# Advice on a bench for a lathe



## Morfesto (Dec 17, 2008)

I just finished designing a simple bench for my "new" woodturning lathe and I wanted to get some input from you guys.










I can get different angles if needed.

I am going to use a 3/4 sheet of plywood for the top and also place one on the top of the two rails at the bottom. (I would have added those to the drawing but Sketchup was being stupid)

Thinking of building it in pine. Let me know what you guys thing! 

:edit:

Forgot to add, all the lumber is 2x4 (1 1/2"x3 1/2")


----------



## Mike Wingate (Apr 26, 2009)

I always build my tables and benches with solid end frames, at least 3 x 2" mortised and tenoned, The cross rails in similar x-section, but joined to the end frames with 8" bolts, so the bench can be disassembled and moved if need be. Ever built something that you cannot get out of the room? Add framing and doors and drawers to suit.


----------



## Mike (Nov 22, 2004)

Mike, you need to ballast the stand to help reduce vibrations. The wood is a bit to light. A couple of sandbags on the bottom shelf or built into it are the easy solution. This is why the stands for the mini lathes are made of such heavy steel.


----------



## AlanZ (Aug 21, 2008)

How tall are you? Make sure that your bench height will bring the lathe's spindle height to something that's comfortable for turning.


----------



## Mike Wingate (Apr 26, 2009)

My bench is loaded with a grinder, 6 chucks and jaws. Plenty of racked turning tools, 3 sets of cast tool posts and a selection of tool rests. Attachments and jigs. The timber is old mahogany and is stable and needs no sandbags.


----------



## lazybum (Jul 16, 2009)

I prefer something that will not be a catch all for tools and sawdust / curls 

possibly framed like a sawhorse, top narrower than the base


----------



## Mike Wingate (Apr 26, 2009)

Nice sketchup drawing.


----------



## Bob N (Oct 12, 2004)

Hi Sébastien

Your design looks very much like the bench I built last year for my new Jet 1220VS. I think your jointery is a few steps up from mine and should work really well for you.

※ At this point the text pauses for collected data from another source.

-- ===== src/Scenarios/Members.antt =====
-- Anonymous rooms: two members, their keys, and what they send.
use sora_kaigi.Base.{
  ℕ, ◌≤◌, ◌<◌, ◌≡◌, ◌&&◌, refl, max, Bool, true, false, Option, none, some, List, [], ◌∷◌, get,
  arith, nat_beq_iff, IsUnique, nat_eq, count_values,
}
use sora_kaigi.Base.Text.{Str}
use sora_kaigi.Base.Results.{ok}
use sora_kaigi.Wire.Frames.{
  AnonHelloFrame, GroupKeyUpdateFrame, EncryptedControlFrame, EncryptedControlKind,
}
use sora_kaigi.Hub.State.{FrameOutcome, ParticipantState, RoomState}
use sora_kaigi.Hub.Anonymous.{is_anonymous_member, anon_hello_section, apply_anon_hello_state}
use sora_kaigi.Hub.Anonymous.Entrance.{
  HasDistinctHandles, anon_hello_section-capacity, anon_hello_section-HasDistinctHandles,
}
use sora_kaigi.Hub.GroupKeys.{group_key_update, encrypted_control_section}
use sora_kaigi.Hub.GroupKeys.Epochs.{HasKey, KeyStep, KeySteps, Later, key_of_epoch}
use sora_kaigi.Hub.GroupKeys.Delivery.{IsDeliverable, encrypted_control_section-IsDeliverable}
use sora_kaigi.Scenarios.Fixtures.{
  crypto, config, newcomer, at_conn, room_of, digest, repeat, a_id, b_id,
}

abbrev member : Str → ParticipantState
member handle = record (newcomer []) {
  anonymous_mode = true;
  hello_seen = true;
  participant_handle = some handle;
  x25519_pubkey_hex = some digest;
  x25519_epoch = 1;
}

-- One member, and a connection that has not said hello.
abbrev anonymous_room : RoomState
anonymous_room =
    record (room_of ((1, at_conn 1 (member a_id)) ∷ (2, at_conn 2 (newcomer [])) ∷ [])) {
      anonymous_mode = true;
    }

abbrev anon_hello_of : Str → AnonHelloFrame
anon_hello_of handle = record {
  protocol_version = 6;
  participant_handle = handle;
  x25519_pubkey_hex = digest;
}

anonymous_room-IsUnique : IsUnique anonymous_room.participants
unfolding get
anonymous_room-IsUnique = (refl, (refl, tt))

anon_hello_section-capacity_example :
    count_values is_anonymous_member
      (anon_hello_section config crypto anonymous_room 2 (anon_hello_of b_id) 50 51).0.participants
    ≤ max (count_values is_anonymous_member anonymous_room.participants) 2
anon_hello_section-capacity_example =
    anon_hello_section-capacity config crypto anonymous_room 2 (anon_hello_of b_id) 50 51
      anonymous_room-IsUnique

anonymous_room-HasDistinctHandles : HasDistinctHandles anonymous_room.participants
unfolding get
anonymous_room-HasDistinctHandles c d p q handle hc hd pa qa ph qh =
    ground (arith, nat_beq_iff 1 c, nat_beq_iff 2 c, nat_beq_iff 1 d, nat_beq_iff 2 d)

anon_hello_section-HasDistinctHandles_example :
    HasDistinctHandles
      (anon_hello_section config crypto anonymous_room 2 (anon_hello_of b_id) 50 51).0.participants
anon_hello_section-HasDistinctHandles_example =
    anon_hello_section-HasDistinctHandles config crypto anonymous_room 2 (anon_hello_of b_id) 50 51
      anonymous_room-HasDistinctHandles

abbrev other_key : Str
other_key = repeat 64 49

abbrev rotation : GroupKeyUpdateFrame
rotation = record {
  sent_at_ms = 60;
  participant_handle = a_id;
  x25519_pubkey_hex = other_key;
  epoch = 2;
}

abbrev rotated : ParticipantState
rotated = record (member a_id) { x25519_pubkey_hex = some other_key; x25519_epoch = 2 }

rotation_taken : group_key_update (member a_id) rotation ≡ ok (some rotated)
unfolding group_key_update sora_kaigi.Base.str_beq
rotation_taken = refl

hello_again : apply_anon_hello_state (member a_id) (anon_hello_of a_id) 55 ≡ ok (member a_id)
unfolding apply_anon_hello_state sora_kaigi.Base.str_beq
hello_again = refl

member-HasKey : HasKey (member a_id) digest 1
member-HasKey = (refl, refl, refl, refl, omega arith)

key_of_epoch_example : Later digest 1 rotated
key_of_epoch_example = key_of_epoch (member a_id) rotated digest 1 member-HasKey (
    KeySteps.step (member a_id) (member a_id) rotated
      (KeyStep.hello (member a_id) (member a_id) (anon_hello_of a_id) 55 hello_again)
      (KeySteps.step (member a_id) rotated rotated
        (KeyStep.update (member a_id) rotated rotation rotation_taken) (KeySteps.stay rotated)))

abbrev two_members : RoomState
two_members = record (room_of ((1, at_conn 1 (member a_id)) ∷ (2, at_conn 2 (member b_id)) ∷ [])) {
  anonymous_mode = true;
}

abbrev sealed : EncryptedControlFrame
sealed = record {
  sent_at_ms = 70;
  sender_handle = a_id;
  epoch = 1;
  kind = EncryptedControlKind.chat;
  payloads =
      record { recipient_handle = b_id; nonce_hex = repeat 48 48; ciphertext_hex = repeat 32 48 }
      ∷ [];
}

sealed_accepted : encrypted_control_section crypto two_members 1 sealed ≡ FrameOutcome.broadcast
unfolding encrypted_control_section sora_kaigi.Hub.Handles.validate_encrypted_control_frame
    sora_kaigi.Hub.Handles.handle_error sora_kaigi.Base.Text.is_blank sora_kaigi.Base.Text.is_ascii
    sora_kaigi.Hub.Hex.is_valid_hex_len sora_kaigi.Hub.Hex.is_valid_hex sora_kaigi.Base.contains get
    sora_kaigi.Base.str_beq sora_kaigi.Hub.Handles.validate_encrypted_control_epoch
    sora_kaigi.Hub.GroupKeys.validate_encrypted_control_room_recipients
sealed_accepted = refl

encrypted_control_section-IsDeliverable_example : IsDeliverable two_members 1 sealed
encrypted_control_section-IsDeliverable_example =
    encrypted_control_section-IsDeliverable crypto two_members 1 sealed sealed_accepted
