-- ===== src/Scenarios/Money.antt =====
-- Bills: a participant who has joined and is charged 60 nano-XOR a minute.
use sora_kaigi.Base.{
  ◌+◌, ◌-◌, ◌*◌, ◌≤◌, ◌<◌, ◌≡◌, ◌≢◌, refl, true, false, none, some, get, nat_eq, arith,
}
use sora_kaigi.Base.Text.{Str}
use sora_kaigi.Wire.Frames.{RoomConfigUpdateFrame}
use sora_kaigi.Hub.State.{ParticipantState, RoomState}
use sora_kaigi.Hub.Billing.{advance_billing, Tick, enforce_billing_tick}
use sora_kaigi.Hub.Billing.Exact.{IsMetered, advance_billing_exact, advance_billing-advance_billing}
use sora_kaigi.Hub.Billing.Grace.{grace_window, grace_over}
use sora_kaigi.Hub.Policy.{room_config_section}
use sora_kaigi.Hub.Policy.Settlement.{room_config_section_settles}
use sora_kaigi.Scenarios.Fixtures.{billing, joined, at_conn, b_id, host_and_guest}

abbrev debtor : ParticipantState
debtor = joined b_id

debtor-IsMetered : IsMetered debtor
debtor-IsMetered = record { remainder = omega arith; billed = omega arith }

advance_billing_exact_example :
    let t = advance_billing debtor 60 90500 in
    (t.billed_nano_xor * 60000 + t.billing_remainder_mod_60k ≡ 0 * 60000 + 0 + 60 * (90500 - 0))
    × (t.billing_remainder_mod_60k < 60000)
advance_billing_exact_example =
    advance_billing_exact debtor 60 90500 debtor-IsMetered (omega arith) (omega arith) (omega arith)

advance_billing-advance_billing_example :
    advance_billing (advance_billing debtor 60 700) 60 90500 ≡ advance_billing debtor 60 90500
advance_billing-advance_billing_example =
    advance_billing-advance_billing debtor 60 700 90500 debtor-IsMetered (omega arith) (omega arith)
      (omega arith) (omega arith)

grace_window_example :
    (after : RoomState) × (enforce_billing_tick billing host_and_guest 2 30000 ≡ Tick.proceed after)
unfolding get
grace_window_example =
    grace_window billing host_and_guest 2 (at_conn 2 debtor) 30000 refl refl refl debtor-IsMetered
      (omega arith) (omega arith) refl (omega arith) (omega arith) (omega arith)

grace_over_example :
    (after : RoomState) × (message : Str) × (enforce_billing_tick billing host_and_guest 2 90000
      ≡ Tick.disconnect after message)
unfolding get
grace_over_example =
    grace_over billing host_and_guest 2 (at_conn 2 debtor) 90000 refl refl refl debtor-IsMetered
      (omega arith) (omega arith) refl (omega arith) (omega arith) (omega arith) (omega arith)
      (omega arith)

abbrev double_rate : RoomConfigUpdateFrame
double_rate = record {
  updated_at_ms = 0;
  rate_per_minute_nano = some 120;
  max_screen_shares = none;
}

rate_after :
    (room_config_section false host_and_guest 1 double_rate 90000).0.rate_per_minute_nano ≡ 120
unfolding room_config_section get sora_kaigi.Hub.Billing.normalize_rate_for_policy
rate_after = refl

rate_changes :
    (room_config_section false host_and_guest 1 double_rate 90000).0.rate_per_minute_nano ≢ 60
rate_changes e = omega (arith, rate_after)

room_config_section_settles_example :
    let after = (room_config_section false host_and_guest 1 double_rate 90000).0 in
    (get after.participants 2 ≡ some (at_conn 2 (advance_billing (joined b_id) 60 90000)))
    × ((advance_billing (joined b_id) 60 90000).hello_seen ≡ true)
    × (false ≡ false → 1 ≤ after.rate_per_minute_nano)
unfolding get
room_config_section_settles_example =
    room_config_section_settles false host_and_guest 1 double_rate 90000 2 (at_conn 2 (joined b_id))
      rate_changes refl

Here are a few pictures of mine


----------



## Morfesto (Dec 17, 2008)

@Bob: lol I actually searched the forums and found your pics and used those to design mine. 

@AlanZ: 5' 11" ill measure the high of the lathe and post that.

@Mike: Thanks! I'm trying to master Sketchup, it's pretty damn handy!


----------



## BernieW (Sep 12, 2006)

That is going to be a good looking bench. One rule of thumb or how I was told by some pro turners is the you want the spindle height the same measurement as this. Stand normally and bend your arm at a 90 deg angle. Measure from the floor to your elbow. Let say if it is 47" then you want your spindle height at 47". I made mine about 2" higher so I wouldn't have to bend over. I am 6' and measured 45" to my elbow. I found it more comfortable at 2" higher.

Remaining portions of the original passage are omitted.